For the (Renewed) Love of Vintage Dressing

It’s fair to say that as a nation, our style is, collectively, in a state of disaggregation. I blame the pandemic, changing bodies and atrophied social skills, though those are just working theories that lead to more questions.

Do the old rules of dressing we once subscribed to even apply in a world where many people no longer have to work in offices but do sometimes meet for after-work drinks? Could I now be someone who wears Western-style shirts on a first date? Is a red satin Versace sheath dress “too much” for sipping a Negroni at a sidewalk cafe on a Wednesday afternoon?

“The resurgence in vintage is partly due to our collective ache to be noticed by other people again after feeling invisible for so long,” said Kat Henning, 34, a freelance shoe and home goods designer in the Bed-Stuy section of Brooklyn.

And as we dip our toes back into a semblance of normalcy and try to figure out what fits (literally and figuratively), vintage clothing can be a fun way to play around without spending so much money (not to mention being conscious of sustainability).

“You had a lot of people going through their closets in the pandemic,” said Liana Satenstein, a senior fashion news writer at Vogue who calls herself the Schmatta Shrink. She also hosts an Instagram series called Neverworns, in which she coaches guests on discovering overlooked items from their closets, then encourages them to donate or sell what no longer works. “They wanted to offload stuff, and vintage dealers got an influx,” she said.

Ms. Satenstein, 32, is a big fan of well-chosen vintage, and she recently splurged at James Veloria, a store in Manhattan’s Chinatown that deals in designer pieces. “I got Plein Sud cheetah print super-high heels,” she said. “I want to look like a hot oligarch’s wife. Anything animal print or psychotically delicious neon color.”
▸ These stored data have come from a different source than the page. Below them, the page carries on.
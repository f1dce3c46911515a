-- ===== src/Util/Text.antt =====
-- What the C library makes of numbers in text, as util/properties.cpp and util/traceloader.cpp use
-- it: `%d` of sprintf, `atoi`, and `%ld` of fscanf for numbers without a sign. A text is its bytes.
pub mod Decimal
use tablefs.Base.{
  ℕ, zero, suc, ◌+◌, ◌-◌, ◌*◌, ◌/◌, ◌%◌, Bool, true, false, ◌&&◌, ◌||◌, List, [], ◌∷◌, ◌++◌,
  if◌then◌else◌, nat_beq, leb, ltb,
}
use tablefs.Base.Int.{ℤ, pos, negsuc, neg}

abbrev pub is_digit : ℕ → Bool
is_digit c = leb b'0' c && leb c b'9'

-- `isspace`: the blank, and tab to carriage return
abbrev pub is_space : ℕ → Bool
is_space c = nat_beq c 32 || leb 9 c && leb c 13

-- The digits of a number, in front of a text; one round of fuel for each digit.
unfoldable pub digits_before : ℕ → ℕ → List ℕ → List ℕ
digits_before zero n s = s
digits_before (suc fuel) n s =
    let more = digits_before fuel (n / 10) ((b'0' + n % 10) ∷ s) in
    if ltb n 10 then (b'0' + n) ∷ s else more

-- `%d`
unfoldable pub print_int : ℤ → List ℕ
print_int (pos n) = digits_before (suc n) n []
print_int (negsuc n) = b'-' ∷ digits_before (suc (suc n)) (suc n) []

-- The number that the digits at the front of a text write, after `acc`, and what is behind them.
unfoldable pub read_digits : ℕ → List ℕ → ℕ × List ℕ
read_digits acc [] = (acc, [])
read_digits acc (c ∷ s) =
    let rest = read_digits (acc * 10 + (c - b'0')) s in if is_digit c then rest else (acc, c ∷ s)

unfoldable pub skip_spaces : List ℕ → List ℕ
skip_spaces [] = []
skip_spaces (c ∷ s) = let rest = skip_spaces s in if is_space c then rest else c ∷ s

unfoldable pub signed : List ℕ → ℤ
signed [] = pos 0
signed (c ∷ s) =
    if nat_beq c b'-'
    then neg (read_digits 0 s).0
    else if nat_beq c b'+'
    then pos (read_digits 0 s).0
    else pos (read_digits 0 (c ∷ s)).0

-- `atoi`, for numbers that fit an `int`
unfoldable pub atoi : List ℕ → ℤ
atoi s = signed (skip_spaces s)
Or to put it another way, “people are ready to stop wearing nap dresses and start partying,” said Blythe Marks, 26, a vintage dealer in Los Angeles and hostess for online vintage trade shows.

The hunger for vintage ebbs and flows, but after several years of all things anodyne and aggressively simple being the height of fashion, there is a pleasure to be found in the messy eccentricities of individualistic, pre-owned items: bold costume jewelry, wool trousers from obscure Italian designers or broken-in Hermès scarves.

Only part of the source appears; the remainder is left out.